MTL refers to mouth to lung
DTL refers to direct to lung or direct lung hits
In MTL you draw the vapour first into your mouth using suction power of the cheeks and tongue and then you inhale into your lungs.

In DTL you breathe the vapour straight into your lungs without first taking it in your mouth.

Its a different kind of action and there are several differences in the devices, throat hit, flavour and vapour.

MTL devices have less airflow, smaller coils usually with higher resistance and thinner wire, lower power and consequently less vapour production.

DTL devices have more airflow, bigger coils of lower resistance, more power and more vapour.

You do get devices which claim to be both MTL and DTL but in my experience I have found most of these are better suited for one style.

*Throat hit*
I find the throat hit very different between MTL and DTL
I find the lung hits give a gentle "cumulative" type of "rubbing" on the throat versus a strong "punch" that one gets with a high mg juice on a mouth to lung setup.
I find the throat hit on a MTL with the right juice more pleasurable.

*Flavour*
This is interesting. DTL devices produce more vapour so most folk will say more flavour. That is true. And in most cases a big DTL tank that produces way more vapour is going to give a perceived better flavour than a small pen style MTL device.
However
There are some MTL devices (like my RM2 on my REO) that in my opinion produce better quality flavour with the right juice than many of the big vapour DTL tanks. Usually its because the vapour is more concentrated. Perhaps a better phrase to use is "more accurate" flavour instead of "better" flavour.
That said, the higher VG juices (more the norm today) do tend to work better on the higher powered more airy DTL devices in my opinion.

*Vapour*
DTL devices will produce way more vapour than MTL. There is a limit to how much vapour you can take into your mouth. Much more can be taken directly into the lungs.

*Other considerations*
Some folk just dont like DTL and some dont like MTL. I think its easier to quit stinkies using MTL because that action is generally more familiar to smokers.

DTL consumes a lot more juice than MTL. On MTL with a basic device I was using about 4ml a day. With DTL thrown in I am probably over 10ml a day. Several DTL vapers are vaping even more.

MTL is better for stealth purposes - eg in public places or when you dont want to blow massive clouds.

Reactions: Like 2 | Winner 2 | Informative 1


----------



## Andre (12/1/17)

Silver said:


> Great question @Pieter Geldenhuys
> 
> MTL refers to mouth to lung
> DTL refers to direct to lung or direct lung hits
> ...


I agree about the flavour on pen style MTL devices with tanks.
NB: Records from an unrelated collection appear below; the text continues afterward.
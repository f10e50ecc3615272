-- ===== src/System/Live.antt =====
-- app/server: which channels have a session, against the connections that were admitted and ended.
use kupool.Common.{
  if◌then◌else◌, Option-cases, Text, text_beq, text_beq_iff, nat_key, text_key, lookup,
  lookup-insert, lookup-delete, Bytes, Time, ℕ, ◌≡◌, refl, ap, ◌∙◌, inl, inr, Bool, true, false,
  Option, none, some, List, [], ◌∷◌, arith,
}
use kupool.Protocol.{Codec, SubmitParams}
use kupool.State.{Session, StateStore, World}
use kupool.Coordinator.{unregister_session}
use kupool.Coordinator.Broadcast.{run_round}
use kupool.Submit.{SubmitError, submit}
use kupool.Listener.Rule.{receive-rule}
use kupool.Listener.{put_session, announce, settle, handle_submit, receive, disconnect}
use kupool.Acceptor.{Accepted, ok, err, admit, accept, handshake}
use kupool.Acceptor.Admission.{open_session-Opened}
use kupool.System.{Input, arrived, received, gone, ticked, serve, serve_all}

abbrev is_some {ℓ} : {A : Type ℓ} → Option A → Bool
is_some none = false
is_some (some a) = true

module _ {S : Type 0} (api : StateStore S) (codec : Codec) (sha256 : Bytes → Bytes) where
  abbrev pub has : Text → World S → Bool
  has k w = is_some (lookup k w.coord.sessions)

  -- Whether a channel is live behind an input: it is when a connection is admitted under its name,
  -- it is not when it has ended, and nothing else changes it.
  abbrev admitted_as : Text → Accepted (ℕ × Text × Text) → Bool → Bool
  admitted_as k (ok (id, user, ch)) live = if text_beq ch k then true else live
  admitted_as k (err e) live = live

  abbrev pub live_after : Text → Input → Bool → Bool
  live_after k (arrived read random) live = admitted_as k (handshake api codec read random) live
  live_after k (received ch payload since now) live = live
  live_after k (gone ch) live = if text_beq ch k then false else live
  live_after k (ticked d) live = live

  abbrev pub live_all : Text → List Input → Bool → Bool
  live_all k [] live = live
  live_all k (x ∷ xs) live = live_all k xs (live_after k x live)

  settle-has :
      (ch k : Text) (p : SubmitParams) (now : Time) (w : World S) (s : Session)
      (r : Option SubmitError × Session)
      → lookup ch w.coord.sessions ≡ some s
      → has k (settle api codec sha256 ch p now w r).1 ≡ has k w
  unfolding announce put_session
  settle-has ch k p now w s (none, t) e =
      ground (arith, e, text_beq_iff ch k, lookup-insert ch k t w.coord.sessions)
  settle-has ch k p now w s (some x, t) e =
      ground (arith, e, text_beq_iff ch k, lookup-insert ch k t w.coord.sessions)

  handle_submit-has :
      (ch k : Text) (p : SubmitParams) (since now : Time) (w : World S)
      → has k (handle_submit api codec sha256 ch p since now w).1 ≡ has k w
  unfolding handle_submit
  handle_submit-has ch k p since now w = elim (Option-cases (lookup ch w.coord.sessions)) [
    | inl e ↦ rw (e, handle_submit) refl
    | inr (s, e) ↦
        rw (e, handle_submit) (settle-has ch k p now w s (submit sha256 w.coord p since now s) e)
  ]

  receive-has :
      (ch k : Text) (payload : Bytes) (since now : Time) (w : World S)
      → has k (receive api codec sha256 ch payload since now w) ≡ has k w
  receive-has ch k payload since now w =
      receive-rule api codec sha256 (λ c. is_some (lookup k c.sessions) ≡ has k w) ch payload since
        now w refl (λ q. handle_submit-has ch k q since now w)

  admit-has :
      (k : Text) (r : Accepted (ℕ × Text × Text)) (w : World S)
      → has k (admit api codec r w).1 ≡ admitted_as k r (has k w)
  admit-has k (err e) w = refl
  admit-has k (ok (id, user, ch)) w = ground (arith, (open_session-Opened api codec w ch user k).0)

  serve-has :
      (k : Text) (x : Input) (w : World S)
      → has k (serve api codec sha256 x w) ≡ live_after k x (has k w)
  unfolding serve accept disconnect unregister_session
  serve-has k (arrived read random) w = admit-has k (handshake api codec read random) w
  serve-has k (received ch payload since now) w = receive-has ch k payload since now w
  serve-has k (gone ch) w = ground (arith, lookup-delete ch k w.coord.sessions)
  serve-has k (ticked d) w = ground (arith, (run_round api codec d w k 0).1)

  -- Over any run of the server, for every name: if a connection was admitted under it or a channel
  -- of it ended, then it has a session behind the run exactly when the last of these was an
  -- admission; otherwise exactly when it had one before. Submissions, refused or accepted, and ticks
  -- neither add nor remove one.
  pub serve_all-live :
      (k : Text) (xs : List Input) (w : World S)
      → has k (serve_all api codec sha256 xs w) ≡ live_all k xs (has k w)
  unfolding serve_all
  serve_all-live k [] w = refl
  serve_all-live k (x ∷ xs) w =
      serve_all-live k xs (serve api codec sha256 x w) ∙ ap (live_all k xs) (serve-has k x w)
But via a BF dripper I get better flavour from MTL than DTL. Just feels as if more taste senses are reached that way.

Reactions: Agree 1


----------



## Silver (12/1/17)

Andre said:


> I agree about the flavour on pen style MTL devices with tanks. But via a BF dripper I get better flavour from MTL than DTL. Just feels as if more taste senses are reached that way.



I hear you and agree @Andre 
Maybe its because the vapour is swirling around in the mouth for longer instead of flying down to the lungs
Also, its more concentrated if the airflow is small


----------



## SAVaper (12/1/17)

Andre said:


> I agree about the flavour on pen style MTL devices with tanks. But via a BF dripper I get better flavour from MTL than DTL. Just feels as if more taste senses are reached that way.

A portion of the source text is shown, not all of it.